Certaines études sur le comportement collectif des animaux, par exemple, montrent que certaines structures de réseau ne sont tout simplement pas optimales dans leur construction, car elles conduisent les bancs, les ruches ou les troupeaux à l’effondrement, à la faim ou à la mort.

Un exemple typique est la spirale dite de la mort, un phénomène observé chez certaines espèces de fourmis légionnaires et considéré comme un effet secondaire de la structure auto-organisationnelle des colonies. Il se produit lorsqu’un groupe de fourmis à la recherche de nourriture perd la trace des phéromones, substances utilisées par de nombreux organismes vivants pour communiquer chimiquement avec d’autres spécimens de l’espèce. Isolées du groupe principal, les fourmis commencent à se suivre les unes les autres et à tourner en rond, régulièrement, parfois même jusqu’à la mort par épuisement.
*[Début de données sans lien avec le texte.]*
-- ===== src/Sha256.antt =====
-- SHA-256 and HMAC (src/crypto/sha256.rs), FIPS 180-4 and RFC 2104, and the key derivation on them
-- (src/crypto/hkdf.rs). A hasher takes its input in parts; words of 32 bits wrap.
mod Compress
pub mod Hasher
mod Blocks
pub mod Fips
mod Conform
mod Feed
mod Digest
pub mod Hkdf
mod Expand
pub mod Standard
mod Tests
Le débat sur les réformes qui concernent les entreprises technologiques, conclut DiResta, est aujourd’hui dans une impasse car il est le plus souvent traité de manière simpliste et réduit en termes de «liberté d’expression contre censure». La lutte contre la formation de "groupes" individuels ou la vérification d’une nouvelle théorie du complot laisse fondamentalement inchangées les structures de réseau et les incitations qui favorisent la diffusion de ce contenu. Et il devient d’ailleurs une sorte de «jeu de la taupe» avec d’autres conséquences politiques négatives, car chaque contenu examiné devient à son tour objet de polarisation.

Essayer d’obtenir des entreprises plus de transparence et plus d’informations sur le fonctionnement technique des plates-formes - des informations qui, pour diverses raisons, y compris la concurrence, les entreprises n’ont aucun intérêt à rendre publiques - cela permettrait de développer des débats beaucoup plus solides, poursuit DiResta. Et il favoriserait des discussions publiques axées sur les mesures techniques à introduire - éliminer la fonction des sujets de tendance, par exemple, ou limiter le nombre maximum d’abonnés - pour promouvoir ou prévenir certains comportements en ligne.